Волшебство для Мэриголд - стр. 24
«Я никак не могла, мама. Я помогала Кейт Блэквайер поить коров мистера Донкина и нам пришлось гоняться за той чёртовой телкой».
Мэриголд тотчас же поняла, что сказала нечто жуткое. Ужас, застывший на лицах домашних, сообщил ей об этом. Один из министров вытаращил глаза, второй усмехнулся.
Что такого она сказала?
«Мэриголд, ты можешь выйти из-за стола и пойти в свою комнату, – казалось, чуть не плача, сказала мама. Мэриголд обиженно подчинилась, не понимая, что произошло. Она узнала это позже.
«Но Кейт так говорит, – запричитала она. – Кейт сказала, что переломала бы все чёртовы кости этому чёртовому теленку. Я не знала, что «чёртовый» – это ругательство, хотя это и некрасивое слово».
Она выругалась перед министром – перед двумя министрами. И их жёнами! Мэриголд не думала, что доживет до такого. Горячая волна стыда охватывала её, когда она вспоминала об этом. Неважно, что ей больше не разрешили дружить с Кейт; она никогда особо и не любила её. Но опозорить себя и маму, и имя Лесли! А она-то считала, что хуже быть не может после того, как с благоволением и почтением спросила мистера мэра Шарлоттауна: «Пожалуйста, скажите, вы – Бог?» Сколько насмешек и страданий от унижения она тогда пережила. Но это! Но она так и не поняла, почему слово «чёртовый» – ругательство. Даже Старшая бабушка, которая до слез смеялась над этим случаем, не смогла объяснить.
Зависть также была ей не чужда. Она тайно завидовала Клементине – девушке, которая когда-то была папиной женой, чья могила находилась рядом с его могилой – на холме под спиреями, – завидовала из-за мамы. Когда-то папа принадлежал Клементине. Возможно, сейчас он снова принадлежит ей. Временами Мэриголд просто тонула в этой глупой зависти. Когда она заходила в комнату Старшей бабушки и видела на стене красивую фотографию Клементины, она ненавидела её. Она хотела подпрыгнуть, сорвать и затоптать её. Лорейн бы ужаснулась, узнай о чувствах Мэриголд. Но Мэриголд твердо хранила тайну и продолжала ненавидеть Клементину, особенно её красивые руки. Мэриголд считала, что мама почти такая же красивая как Клементина. Она всегда жалела девочек, у которых были некрасивые мамы. И у мамы – чудеснейшие ноги. Дядя Клон не раз повторял, что у Лорейн самые изящные ножки и лодыжки среди женщин, которых он знал. Но такое не слишком ценилось у Лесли. Лодыжки были запретной темой, даже если современная мода на юбки бесстыдно показывала их. Но мамины руки не были красивыми – слишком тонкими, слишком маленькими – и Мэриголд иногда просто не могла выносить руки Клементины. Особенно, когда кто-то из клана хвалил их. Старшая бабушка постоянно говорила об этом, словно чувствовала ревность Мэриголд и дразнила её.
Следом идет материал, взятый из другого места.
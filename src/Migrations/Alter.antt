-- ===== src/Migrations/Alter.antt =====
-- Columns that are altered, and altered back.
use pg_monitor.Prelude.{
  ◌≡◌, refl, sym, ap, ◌∙◌, inl, inr, String, true, Bool-cases, ◌&&◌, List, [], ◌∷◌, map,
  if◌then◌else◌, arith,
}
use pg_monitor.Prelude.Eq.{String_eq, ◌=?◌}
use pg_monitor.Prelude.Dict.{has}
use pg_monitor.Migrations.Schema.{
  ColumnType, same_type, Column, Table, has_column, column_names, all, refers_to, set_type, alter,
}

pub same_type_eq : (a b : ColumnType) → same_type a b ≡ true → a ≡ b
same_type_eq a b h = ground arith

-- The type of a column is set back.
pub set_type-back :
    (column : String) (existing type : ColumnType) (cs : List Column)
    → all (λ c. if c.name =? column then same_type c.type_of existing else true) cs ≡ true
    → map (set_type column existing) (map (set_type column type) cs) ≡ cs
set_type-back column existing type [] h = refl
set_type-back column existing type (c ∷ cs) h = elim (Bool-cases (c.name =? column)) [
  | inl t ↦
      let was : c.type_of ≡ existing = same_type_eq c.type_of existing (ground arith) in
      let rest = set_type-back column existing type cs (ground arith) in
      let set : set_type column type c ≡ record c { type_of = type } = rw t in
      let back : set_type column existing (record c { type_of = type })
          ≡ record c { type_of = existing } =
        rw t in
      let same =
        ap (set_type column existing) set ∙ back ∙ ap (λ x. record c { type_of = x }) (sym was) in
      ap (λ d. d ∷ map (set_type column existing) (map (set_type column type) cs)) same
      ∙ ap (◌∷◌ c) rest
  | inr f ↦
      let rest = set_type-back column existing type cs (ground arith) in rw (f, f) (ap (◌∷◌ c) rest)
]

pub alter-back :
    (table column : String) (existing type : ColumnType) (ts : List Table)
    → all
        (λ t.
          if t.name =? table
          then all (λ c. if c.name =? column then same_type c.type_of existing else true) t.columns
          else true)
        ts
      ≡ true
    → map (alter table column existing) (map (alter table column type) ts) ≡ ts
alter-back table column existing type [] h = refl
alter-back table column existing type (t ∷ ts) h = elim (Bool-cases (t.name =? table)) [
  | inl here ↦
      let rest = alter-back table column existing type ts (ground arith) in
      let cols : all (λ c. if c.name =? column then same_type c.type_of existing else true)
            t.columns
          ≡ true =
        ground arith in
      let changed = record t { columns = map (set_type column type) t.columns } in
      let set : alter table column type t ≡ changed = rw here in
      let back : alter table column existing changed ≡ record t {
        columns = map (set_type column existing) (map (set_type column type) t.columns);
      } =
        rw here in
      let same =
        ap (alter table column existing) set
        ∙ back
        ∙ ap (λ x. record t { columns = x }) (set_type-back column existing type t.columns cols) in
      ap (λ u. u ∷ map (alter table column existing) (map (alter table column type) ts)) same
      ∙ ap (◌∷◌ t) rest
  | inr f ↦
      let rest = alter-back table column existing type ts (ground arith) in
      rw (f, f) (ap (◌∷◌ t) rest)
]

-- Altering columns keeps the names and the foreign keys of tables.
pub names-alter :
    (table column : String) (type : ColumnType) (ts : List Table)
    → map (λ t. t.name) (map (alter table column type) ts) ≡ map (λ t. t.name) ts
names-alter table column type [] = refl
names-alter table column type (t ∷ ts) = elim (Bool-cases (t.name =? table)) [
  | inl here ↦ let rest = names-alter table column type ts in rw here (ap (◌∷◌ t.name) rest)
  | inr f ↦ let rest = names-alter table column type ts in rw f (ap (◌∷◌ t.name) rest)
]

pub refers_to-alter :
    (known : List String) (table column : String) (type : ColumnType) (ts : List Table)
    → all (refers_to known) (map (alter table column type) ts) ≡ all (refers_to known) ts
refers_to-alter known table column type [] = refl
refers_to-alter known table column type (t ∷ ts) = elim (Bool-cases (t.name =? table)) [
  | inl here ↦
      let rest = refers_to-alter known table column type ts in
      rw here (ap (λ b. refers_to known t && b) rest)
  | inr f ↦
      let rest = refers_to-alter known table column type ts in
      rw f (ap (λ b. refers_to known t && b) rest)
]

pub column_names-alter :
    (column : String) (type : ColumnType) (cs : List Column)
    → map (λ c. c.name) (map (set_type column type) cs) ≡ map (λ c. c.name) cs
column_names-alter column type [] = refl
column_names-alter column type (c ∷ cs) = elim (Bool-cases (c.name =? column)) [
  | inl t ↦ let rest = column_names-alter column type cs in rw t (ap (◌∷◌ c.name) rest)
  | inr f ↦ let rest = column_names-alter column type cs in rw f (ap (◌∷◌ c.name) rest)
]

pub has_column-alter :
    (table column : String) (type : ColumnType) (ts : List Table)
    → has_column table column (map (alter table column type) ts) ≡ has_column table column ts
has_column-alter table column type [] = refl
has_column-alter table column type (t ∷ ts) = elim (Bool-cases (t.name =? table)) [
  | inl here ↦
      let rest = has_column-alter table column type ts in
      rw (here, here, column_names-alter column type t.columns)
        (ap (λ b. has (column_names t) column && b) rest)
  | inr f ↦ let rest = has_column-alter table column type ts in rw (f, f) rest
]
«Я не считаю, что она такая уж красивая», – однажды не вытерпела Мэриголд.
Старшая бабушка улыбнулась.
«Клементина Лоуренс была красавицей, моя милая. Вовсе не невзрачной малышкой, как… как её сестра из Хармони».
Но Мэриголд почувствовала, что Старшая бабушка хотела сказать «как твоя мать», и возненавидела Клементину и её руки, и её неувядающую белую лилию еще сильнее, чем прежде.
Скорбь? Горе? Конечно, её сердце почти разбилось, когда умер любимый серый котёнок. До этого момента она и не представляла, что кто-то, кого она любила, может умереть. «Вчера уходит на небеса, мама?» – скорбела она на следующий день.